И они узнают, что происходит, но проку от этого ноль. Пытаешься кого-то спасти, пока не поздно, и втыкаешься в пустую стену бюрократии, и ничего не помогает. И тогда ты не просто видишь, как совершают злодеяния безмозглые бандиты, говорящие на чужом языке и надевшие иностранную униформу, ты еще видишь, как некто очень похожий на тебя говорит Простите, ничем не в силах помочь. Если повезет, он еще прибавит Я непременно напишу министру.
Он сказал
Я не хотел так больше. Если мне еще 50 лет видеть этот глаз и эту ногу и эту девчонку и остальное и только надеяться, что кто-нибудь пообещает написать министру, лучше со всем покончить прямо сейчас.
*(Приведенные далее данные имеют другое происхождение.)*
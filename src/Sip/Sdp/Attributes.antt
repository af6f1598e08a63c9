-- ===== src/Sip/Sdp/Attributes.antt =====
-- internal/sdp/sdp.go: what the attributes of an answer say to the functions of the negotiation.
use tele_portal.Audio.Codec.{Codec, CodecName, Stream, l16, pcma, pcmu}
use tele_portal.Common.{
  Bool-cases, List, [], ap, arith, false, if◌then◌else◌, inl, inr, none, refl, some, true, ℕ, ◌++◌,
  ◌<◌, ◌==◌, ◌∙◌, ◌∷◌, ◌≡◌, ◌⊎◌,
}
use tele_portal.Common.Numerals.{
  Avoids, append-Avoids, avoids, avoids-Avoids, itoa-Avoids, split-part,
}
use tele_portal.Common.Text.{Text, codes, equal_fold, itoa, same_text, same_text_refl, split}
use tele_portal.Sip.Negotiation.{dtmf_type}
use tele_portal.Sip.Offer.{
  Attribute, DynamicType, MediaDescription, encoding_of, get_dynamic_pt, has_format, rtpmap_of,
}
use tele_portal.Sip.Sdp.{answer_attributes, answer_formats, name_text, rtpmap_value}
use tele_portal.Sip.Sdp.Reading.{rate_part, rate_part-Avoids, rtpmap-other, rtpmap_of-value}

pub get_dynamic_pt-next :
    (name : Text) (a : Attribute) (as' : List Attribute)
    → rtpmap_of name a ≡ none
    → get_dynamic_pt name (a ∷ as') ≡ get_dynamic_pt name as'
unfolding get_dynamic_pt
get_dynamic_pt-next name a as' e = rw (get_dynamic_pt, e) refl

pub get_dynamic_pt-found :
    (name : Text) (a : Attribute) (as' : List Attribute) (d : DynamicType)
    → rtpmap_of name a ≡ some d
    → get_dynamic_pt name (a ∷ as') ≡ some d
unfolding get_dynamic_pt
get_dynamic_pt-found name a as' d e = rw (get_dynamic_pt, e) refl

-- The attribute of the codec, and those of DTMF.
abbrev pub codec_attribute : Codec → Attribute
unfolding rtpmap_value
codec_attribute c = record { key = codes "rtpmap"; value = rtpmap_value c }

abbrev pub dtmf_attributes : Stream → List Attribute
dtmf_attributes s =
    if s.dtmf_payload_type == 0
    then []
    else record {
      key = codes "rtpmap";
      value = itoa s.dtmf_payload_type ++ (codes " telephone-event/" ++ itoa s.codec.sample_rate);
    }
      ∷ record { key = codes "fmtp"; value = itoa s.dtmf_payload_type ++ codes " 0-16" }
      ∷ []

abbrev pub IsVoice : CodecName → Type 0
IsVoice name = (name ≡ pcmu) ⊎ (name ≡ pcma) ⊎ (name ≡ l16)

name_text-Avoids :
    (name : CodecName) → IsVoice name → Avoids b' ' (name_text name) × Avoids b'/' (name_text name)
unfolding avoids name_text
name_text-Avoids name (inl e) =
    rw e (avoids-Avoids _ (name_text pcmu) refl, avoids-Avoids _ (name_text pcmu) refl)
name_text-Avoids name (inr (inl e)) =
    rw e (avoids-Avoids _ (name_text pcma) refl, avoids-Avoids _ (name_text pcma) refl)
name_text-Avoids name (inr (inr e)) =
    rw e (avoids-Avoids _ (name_text l16) refl, avoids-Avoids _ (name_text l16) refl)

pub codec_attribute-other :
    (name : Text) (c : Codec)
    → IsVoice c.name
    → c.payload_type < 256
    → equal_fold (name_text c.name) name ≡ false
    → rtpmap_of name (codec_attribute c) ≡ none
unfolding rtpmap_value codec_attribute Avoids
codec_attribute-other name c v h e =
    let a = name_text-Avoids c.name v in
    rtpmap-other name (name_text c.name) (rate_part c.sample_rate c.channels) c.payload_type h
      (append-Avoids b' ' (name_text c.name) (b'/' ∷ rate_part c.sample_rate c.channels) (a.0)
        (refl, rate_part-Avoids c.sample_rate c.channels))
      (a.1) e

pub passed_over :
    (name t : Text)
    → (rtpmap_of name (record { key = codes "ptime"; value = t }) ≡ none)
      × (rtpmap_of name (record { key = codes "sendrecv"; value = t }) ≡ none)
      × (rtpmap_of name (record { key = codes "fmtp"; value = t }) ≡ none)
unfolding rtpmap_of same_text
passed_over name t = (refl, refl, refl)

event_rtpmap : ℕ → ℕ → Attribute
event_rtpmap pt rate = record {
  key = codes "rtpmap";
  value = itoa pt ++ (codes " telephone-event/" ++ itoa rate);
}

event_rtpmap-other :
    (pt rate : ℕ) → pt < 256 → rtpmap_of (codes "L16") (event_rtpmap pt rate) ≡ none
unfolding event_rtpmap avoids equal_fold same_text
event_rtpmap-other pt rate h =
    rtpmap-other (codes "L16") (codes "telephone-event") (itoa rate) pt h
      (append-Avoids b' ' (codes "telephone-event/") (itoa rate)
        (avoids-Avoids b' ' (codes "telephone-event/") refl) (itoa-Avoids b' ' rate (omega arith)))
      (avoids-Avoids b'/' (codes "telephone-event") refl) refl

event_parts :
    (pt : ℕ) (parts : List Text)
    → (d : DynamicType) × (encoding_of
          (codes "telephone-event")
          pt
          (codes "telephone-event" ∷ parts)
        ≡ some d)
      × (d.payload_type ≡ pt)
unfolding encoding_of equal_fold same_text
event_parts pt parts = (_, refl, refl)

event_rtpmap-event :
    (pt rate : ℕ)
    → pt < 256
    → (d : DynamicType) × (rtpmap_of (codes "telephone-event") (event_rtpmap pt rate) ≡ some d)
      × (d.payload_type ≡ pt)
unfolding event_rtpmap avoids
event_rtpmap-event pt rate h =
    let read = event_parts pt (split b'/' (itoa rate)) in
    let value = codes "telephone-event/" ++ itoa rate in
    (
      read.0,
      rtpmap_of-value (codes "telephone-event") value pt h (
            append-Avoids b' ' (codes "telephone-event/") (itoa rate)
              (avoids-Avoids b' ' (codes "telephone-event/") refl)
              (itoa-Avoids b' ' rate (omega arith)))
          ∙ ap (encoding_of (codes "telephone-event") pt) (
              split-part b'/' (codes "telephone-event") (itoa rate)
                (avoids-Avoids b'/' (codes "telephone-event") refl))
          ∙ read.1,
      read.2,
    )

-- The attributes behind the one of the codec, for the encoding names that are looked for.
abbrev pub tail_attributes : Stream → List Attribute
tail_attributes s =
    record { key = codes "ptime"; value = itoa s.ptime }
    ∷ record { key = codes "sendrecv"; value = [] }
    ∷ dtmf_attributes s

tail-next :
    (name : Text) (s : Stream)
    → get_dynamic_pt name (tail_attributes s) ≡ get_dynamic_pt name (dtmf_attributes s)
tail-next name s =
    let rest = dtmf_attributes s in
    let sendrecv : Attribute = record { key = codes "sendrecv"; value = [] } in
    get_dynamic_pt-next name (record { key = codes "ptime"; value = itoa s.ptime })
      (sendrecv ∷ rest) (passed_over name (itoa s.ptime)).0
    ∙ get_dynamic_pt-next name sendrecv rest (passed_over name []).1

with_dtmf :
    (s : Stream)
    → (s.dtmf_payload_type == 0) ≡ false
    → dtmf_attributes s
      ≡ event_rtpmap s.dtmf_payload_type s.codec.sample_rate
        ∷ record { key = codes "fmtp"; value = itoa s.dtmf_payload_type ++ codes " 0-16" }
        ∷ []
unfolding event_rtpmap
with_dtmf s e = rw e refl

without_dtmf : (s : Stream) → (s.dtmf_payload_type == 0) ≡ true → dtmf_attributes s ≡ []
without_dtmf s e = rw e refl

pub tail-l16 :
    (s : Stream)
    → s.dtmf_payload_type < 256
    → get_dynamic_pt (codes "L16") (tail_attributes s) ≡ none
unfolding get_dynamic_pt
tail-l16 s h = tail-next (codes "L16") s ∙ elim (Bool-cases (s.dtmf_payload_type == 0)) [
  | inl e ↦ rw (without_dtmf s e) refl
  | inr e ↦
      let fmtp : Attribute = record {
        key = codes "fmtp";
        value = itoa s.dtmf_payload_type ++ codes " 0-16";
      } in
      ap (get_dynamic_pt (codes "L16")) (with_dtmf s e)
      ∙ get_dynamic_pt-next (codes "L16") (event_rtpmap s.dtmf_payload_type s.codec.sample_rate)
          (fmtp ∷ []) (event_rtpmap-other s.dtmf_payload_type s.codec.sample_rate h)
      ∙ get_dynamic_pt-next (codes "L16") fmtp []
          (passed_over (codes "L16") (itoa s.dtmf_payload_type ++ codes " 0-16")).2
]

pub has_format-head : (pt : ℕ) (fs : List Text) → has_format pt (itoa pt ∷ fs) ≡ true
unfolding has_format
has_format-head pt fs = rw (same_text_refl (itoa pt)) refl

has_format-second : (pt : ℕ) (f : Text) → has_format pt (f ∷ itoa pt ∷ []) ≡ true
unfolding has_format
has_format-second pt f = ground (arith, same_text_refl (itoa pt))

no_dtmf :
    (s : Stream) (m : MediaDescription)
    → (s.dtmf_payload_type == 0) ≡ true
    → get_dynamic_pt (codes "telephone-event") m.attributes ≡ none
    → dtmf_type m ≡ s.dtmf_payload_type
unfolding dtmf_type
no_dtmf s m e f = rw (dtmf_type, f) (ground (arith, e))

some_dtmf :
    (s : Stream) (m : MediaDescription) (d : DynamicType)
    → d.payload_type ≡ s.dtmf_payload_type
    → (s.dtmf_payload_type == 0) ≡ false
    → m.formats ≡ answer_formats s
    → get_dynamic_pt (codes "telephone-event") m.attributes ≡ some d
    → dtmf_type m ≡ s.dtmf_payload_type
unfolding dtmf_type answer_formats
some_dtmf s m d p e f g =
    rw (dtmf_type, g, p, f, e, has_format-second s.dtmf_payload_type (itoa s.codec.payload_type))
      refl

-- The DTMF payload type is read back.
pub dtmf_type-answer :
    (s : Stream) (m : MediaDescription)
    → IsVoice s.codec.name
    → s.codec.payload_type < 256
    → s.dtmf_payload_type < 256
    → equal_fold (name_text s.codec.name) (codes "telephone-event") ≡ false
    → m.formats ≡ answer_formats s
    → m.attributes ≡ answer_attributes s
    → dtmf_type m ≡ s.dtmf_payload_type
unfolding answer_attributes answer_formats get_dynamic_pt
dtmf_type-answer s m v h k other f a =
    let name = codes "telephone-event" in
    let read : get_dynamic_pt name m.attributes ≡ get_dynamic_pt name (dtmf_attributes s) =
      ap (get_dynamic_pt name) a
      ∙ get_dynamic_pt-next name (codec_attribute s.codec) (tail_attributes s)
          (codec_attribute-other name s.codec v h other)
      ∙ tail-next name s in
    elim (Bool-cases (s.dtmf_payload_type == 0)) [
      | inl e ↦ no_dtmf s m e (read ∙ ap (get_dynamic_pt name) (without_dtmf s e))
      | inr e ↦
          let fmtp : Attribute = record {
            key = codes "fmtp";
            value = itoa s.dtmf_payload_type ++ codes " 0-16";
          } in
          let event = event_rtpmap-event s.dtmf_payload_type s.codec.sample_rate k in
          some_dtmf s m (event.0) (event.2) e f (
            read
            ∙ ap (get_dynamic_pt name) (with_dtmf s e)
            ∙ get_dynamic_pt-found name (event_rtpmap s.dtmf_payload_type s.codec.sample_rate)
                (fmtp ∷ []) (event.0) (event.1))
    ]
Я понимаю, что многим от этого будет очень больно. И что, мне тянуть лямку еще 50 лет, чтоб они утешали себя тем, что я приспособился?
Мне говорят: нельзя, чтоб они победили. Ты же так далеко ушел. Если покончишь с собой, они победят. Но это же ахинея. Кто такие эти они? Как это я их побеждаю, каждую ночь просыпаясь и воя?
Он сказал
Может, от репортеров и есть немножко пользы. Но разве ее достаточно, чтоб оправдать такую жизнь? Куча народу будет счастлива занять мое место и хорошо работать.
Я сказал
Ну, главное, парацетамол не пейте.
Он сказал
Что?
Я сказал
Ни в коем случае нельзя кончать с собой парацетамолом. Ужасная смерть. Все думают, ты просто отключаешься, но, вообще-то, ты не теряешь сознания, тебе кажется, что ничего не получилось, а спустя сутки начинают отказывать органы. Он разрушает печень. Иногда люди передумывают, а уже поздно. Я не говорю, что вы передумаете, но все, что угодно, лучше, чем отравление парацетамолом.
Он засмеялся.
Ты откуда этого набрался? спросил он. И засмеялся опять.
Я сказал
Мне мать рассказывала.
Я сказал
Гильотина — очень быстро и довольно безболезненно, хотя, по слухам, голова остается в сознании где-то с минуту, пока не прекратится поступление крови в мозг. Я в пять лет сделал гильотину из конструктора. По-моему, большую тоже несложно построить. Правда, тому, кто найдет тело, будет страшновато. Можно вызвать полицию, если не хотите пугать родных. Полиция все равно не успеет.
Он засмеялся. Учту, сказал он. Еще какие способы знаешь?
Я слышал, тонуть под конец приятно, сказал я. Подругу моей матери спасли, когда она в третий раз пошла ко дну. Она говорила, сначала больно, когда легкие заполняются водой, но потом сонно и красиво. Больно было, когда ее вытащили и заставили дышать. Пожалуй, неплохо. Можно прыгнуть ночью с парома через Ла-Манш, или, может, приятнее с моторки в Эгейское море, утонуть в синем. Если тело не найдут, у родных могут быть сложности, но, наверное, нормально, если записку оставить.
Да, сказал он. Он улыбался. Пожалуй, нормально. Я еще выпью. Тебе чего? Колы?
Спасибо, сказал я.
И пошел за ним вниз на кухню.
Ты, я вижу, много об этом знаешь, сказал он.
Про механику больше, чем про фармацевтику, сказал я. Могу петлю свить. Надо не удушиться, а шею сломать, простыней это, конечно, сложнее. Моя мать считает, это полезно, если вдруг меня бросят в тюрьму и станут пытать — ой, простите меня.